We initially decided to solve the HLB plague problem because it affects our country and our people. We know we are not the first ones to research about this disease and its characteristics. HLB has been addressed by using RNAi technologies that were to be directly applied to the targets which made them inconvenient for their use in the real environment.

Additionally, silencing technologies use dsRNA, which is nonspecific because it can be cut randomly through the cell’s Dicer mechanism, creating siRNA sequences that may hybridize with non-target genes. So, using siRNA directly, we are able to surpass this mechanisms and ensure specificity.

Taking this into account, we began the siRNA creation process by choosing what our main target would be: the infected plant or the disease vector, Diaphorina citri. We reached the conclusion that silencing genes in the psyllid will be the right solution to the problem as after doing an intensive research we found out that the disease was only transmitted through the psyllid. Inside its genome there were very specific genes that helped the psyllid carry the disease and spread it. After a very substantial elimination, we chose four targets: Awd, RacI, SOD and Wnt. These will block the first steps of the infection, prevent the psyllid from harboring the disease and increase mortality, and therefore end with the problem. It seems simple, doesn’t it?

Well, after we reached this, we faced another problem. How were we going to apply our siRNA?
We have seen that the existing delivery methods of the RNAi technologies were very complex and did not fulfill their function. Therefore, we decided to simplify the selection and application of RNAi technologies by creating a production mechanism, named BSLA which stands for Blue chromoprotein, sense, loop, antisense. BSLA will work as a universal siRNA reporter cassette that will carry our specific siRNA and ensure its correct application.

Theoretically our siRNA works, but has it faced its real enemy? Our answer back then was no. However, we had a plan for that. Now that our new friends, Diaphorina citri specimens, arrived, we gave them a really nice home, where they could get all the food, heat and love they needed. It was very important for us to give the psyllids a nice place to live, so they could settle there and form new families. Luckily for us, the insects began reproducing really fast and very soon, we found ourselves surrounded by an enormous psyllid community.
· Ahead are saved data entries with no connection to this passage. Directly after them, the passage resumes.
-- ===== src/Pool/Unlink.antt =====
-- One round of the first loop of `shrink_to_fit` of pool.rs.
use shared_arena.Base.{
  ℕ, suc, ◌≡◌, ◌≢◌, refl, Bool, true, false, not, Option, some, List, [], ◌∷◌, ◌++◌, arith, ◌==◌,
  ==_refl, ==_iff, ==-eq-false,
}
use shared_arena.Word.{all_ones}
use shared_arena.Memory.{Memory, with_page, deref}
use shared_arena.Memory.Chain.{Chain}
use shared_arena.Memory.Select.{retain}
use shared_arena.Run.{ok}
use shared_arena.Page.Pool.{PagePool}
use shared_arena.Pool.Walk.{Cursor, head, link, free_at, set_free_at, unlink_unused}
use shared_arena.Pool.Cursors.{on, Apart, head_link, link_head, links, CanRead}

module _ {T : Type 0} where
  abbrev pub is_used : Memory (PagePool T) → ℕ → Bool
  is_used m p = not ((m.page p).bitfield == all_ones)

  abbrev pub free_value : Cursor → Memory (PagePool T) → Option ℕ
  free_value head m = m.list
  free_value (link p) m = some (m.page p).next_free

  -- All but the links of the free list is as it was.
  pub record SameButFree (m m' : Memory (PagePool T)) : Type 0 where
    pub bitfield : (q : ℕ) → (m'.page q).bitfield ≡ (m.page q).bitfield
    pub blocks : (q : ℕ) → (m'.page q).blocks ≡ (m.page q).blocks
    pub next : (q : ℕ) → (m'.page q).next ≡ (m.page q).next
    pub in_free_list : (q : ℕ) → (m'.page q).in_free_list ≡ (m.page q).in_free_list
    pub live : m'.live ≡ m.live
    pub supply : m'.supply ≡ m.supply

  -- The pages `ps` after the cursor `c` without those that are not used.
  pub record FreeUnlinked (m : Memory (PagePool T)) (c : Cursor) (ps : List ℕ)
      (m' : Memory (PagePool T)) : Type 0 where
    pub first : ℕ
    pub at : free_value c m' ≡ some first
    pub chain : Chain (λ q. (m'.page q).next_free) first (retain (is_used m) ps)
    pub same : SameButFree m m'
    pub frame : (c' : Cursor) → Apart c' c → on c' ps ≡ false → free_value c' m' ≡ free_value c' m

  abbrev pub free_set_at : Cursor → ℕ → Memory (PagePool T) → Memory (PagePool T)
  free_set_at head q m = record m { list = some q }
  free_set_at (link p) q m = with_page m p (record (m.page p) { next_free = q })

  pub set_free_at-eq :
      (c : Cursor) (q : ℕ) (m : Memory (PagePool T))
      → CanRead c m
      → set_free_at c q m ≡ ok tt (free_set_at c q m)
  unfolding set_free_at
  set_free_at-eq head q m alive = ground arith
  set_free_at-eq (link p) q m alive = ground arith

  pub free_at-eq :
      (c : Cursor) (first : ℕ) (m : Memory (PagePool T))
      → CanRead c m
      → free_value c m ≡ some first
      → free_at c m ≡ ok first m
  unfolding free_at
  free_at-eq head first m alive e = ground arith
  free_at-eq (link p) first m alive e = ground arith

  pub SameButFree-set :
      (c : Cursor) (q : ℕ) (m : Memory (PagePool T)) → SameButFree m (free_set_at c q m)
  SameButFree-set head q m = record {
    bitfield = λ r. refl;
    blocks = λ r. refl;
    next = λ r. refl;
    in_free_list = λ r. refl;
    live = refl;
    supply = refl;
  }
  SameButFree-set (link p) q m = record {
    bitfield = λ r. ground (arith, ==_iff r p);
    blocks = λ r. ground (arith, ==_iff r p);
    next = λ r. ground (arith, ==_iff r p);
    in_free_list = λ r. ground (arith, ==_iff r p);
    live = refl;
    supply = refl;
  }

  pub free_value-set :
      (c : Cursor) (q : ℕ) (m : Memory (PagePool T)) → free_value c (free_set_at c q m) ≡ some q
  free_value-set head q m = refl
  free_value-set (link p) q m = rw (==_refl p) refl

  pub free_value-other :
      (c c' : Cursor) (q : ℕ) (m : Memory (PagePool T))
      → Apart c' c
      → free_value c' (free_set_at c q m) ≡ free_value c' m
  free_value-other c c' q m head_link = refl
  free_value-other c c' q m link_head = refl
  free_value-other c c' q m (links e) = rw e refl

  pub loop_end :
      (fuel : ℕ) (c : Cursor) (dropped : List ℕ) (m : Memory (PagePool T))
      → CanRead c m
      → free_value c m ≡ some 0
      → unlink_unused (suc fuel) c dropped m ≡ ok dropped m
  unfolding unlink_unused
  loop_end fuel c dropped m alive e = rw (free_at-eq c 0 m alive e) refl

  pub loop_drop :
      (fuel : ℕ) (c : Cursor) (dropped : List ℕ) (m : Memory (PagePool T)) (p : ℕ)
      → CanRead c m
      → free_value c m ≡ some p
      → p ≢ 0
      → m.live p ≡ true
      → is_used m p ≡ false
      → unlink_unused (suc fuel) c dropped m
        ≡ unlink_unused fuel c (dropped ++ p ∷ []) (free_set_at c (m.page p).next_free m)
  unfolding unlink_unused deref
  loop_drop fuel c dropped m p alive e ne here unused =
      let full : ((m.page p).bitfield == all_ones) ≡ true = ground arith in
      let got : deref p m ≡ ok (m.page p) m = rw here refl in
      rw
        (
          free_at-eq c p m alive e,
          ==-eq-false p 0 ne,
          got,
          full,
          set_free_at-eq c (m.page p).next_free m alive,
        )
        refl

  pub loop_keep :
      (fuel : ℕ) (c : Cursor) (dropped : List ℕ) (m : Memory (PagePool T)) (p : ℕ)
      → CanRead c m
      → free_value c m ≡ some p
      → p ≢ 0
      → m.live p ≡ true
      → is_used m p ≡ true
      → unlink_unused (suc fuel) c dropped m ≡ unlink_unused fuel (link p) dropped m
  unfolding unlink_unused deref
  loop_keep fuel c dropped m p alive e ne here used =
      let some_used : ((m.page p).bitfield == all_ones) ≡ false = ground arith in
      let got : deref p m ≡ ok (m.page p) m = rw here refl in
      rw (free_at-eq c p m alive e, ==-eq-false p 0 ne, got, some_used) refl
Now that we had a large psyllid population, it was the moment to test if our designed siRNA were effective and recognized their corresponding target site in the genome of Diaphorina citri. The first thing we did was extract the RNA from 20 individuals, previously making sure they were not in the reproductive stage. Since we care a lot about animal suffering, we performed this procedure making sure the psyllids were immediately frozen in liquid nitrogen. Using the RNA, we performed a two-step RT-PCR using specific primers for the four genes and when we saw the gel, three of the four genes amplified the expected products. However, the RacI reaction showed a different product. Since the reported sequence states “like-sequence” it is possible that there are mismatches between the reported sequence and the real one. There are other reported sequences for this gene, but they are not specific for the designed primer either. We designed different siRNA but they were not available in time for us to continue.

Another important step to replace the number of psyllids that we were using was the establishment of the cell culture. This was presumably the most difficult step for us, since it was almost impossible to find the components for the medium reported by Hunter and Hert (2009). For this reason, we prepared two alternative mediums. We used 50 individuals for the cell extraction, and the cells were cultured in our new mediums but they were not able to survive, due to the lack of key reagents, the short lifespan of the cells and the almost immediate contamination with fungi. Because of this, we had to forfeit the establishment of the cell culture and the following steps such as the transfection with siRNA and flow cytometry analysis.

For this reason, we were forced to make the in vivo studies via soaking. We took the psyllids and placed them near a droplet of siRNA for it to soak through the exoskeleton. Because of the delivery method, we observed little to no mortality from the soaking. Again, we performed the RNA extraction, cDNA synthesis and a real time PCR to know about the effects of the siRNA in the psyllids’ genome. In addition, we prepared some samples to test our mathematical model and our proposed delivery method with different chitosan molecules. This step was very intriguing for us, not only because the project was on the line, but because the thermal cycler stopped working and we needed to find another one of the same model. We manaeged to get a new thermal cycler and it worked.

It appeared like we already have it all figured out, but our siRNA had to survive terrible conditions to which it wasn't even prepared. So, we decided to look for one something that protected and maintained it free from any type of danger so that it could go and save the citrus. Our solution was the encapsulation. We discovered that we could create nanoparticles out of chitosan, a biodegradable polysaccharide which can help siRNA molecules to bind and avoid its degradation by nucleases inside the D. citri’s cells and at the same time allow the super powerful siRNA to release RNA material.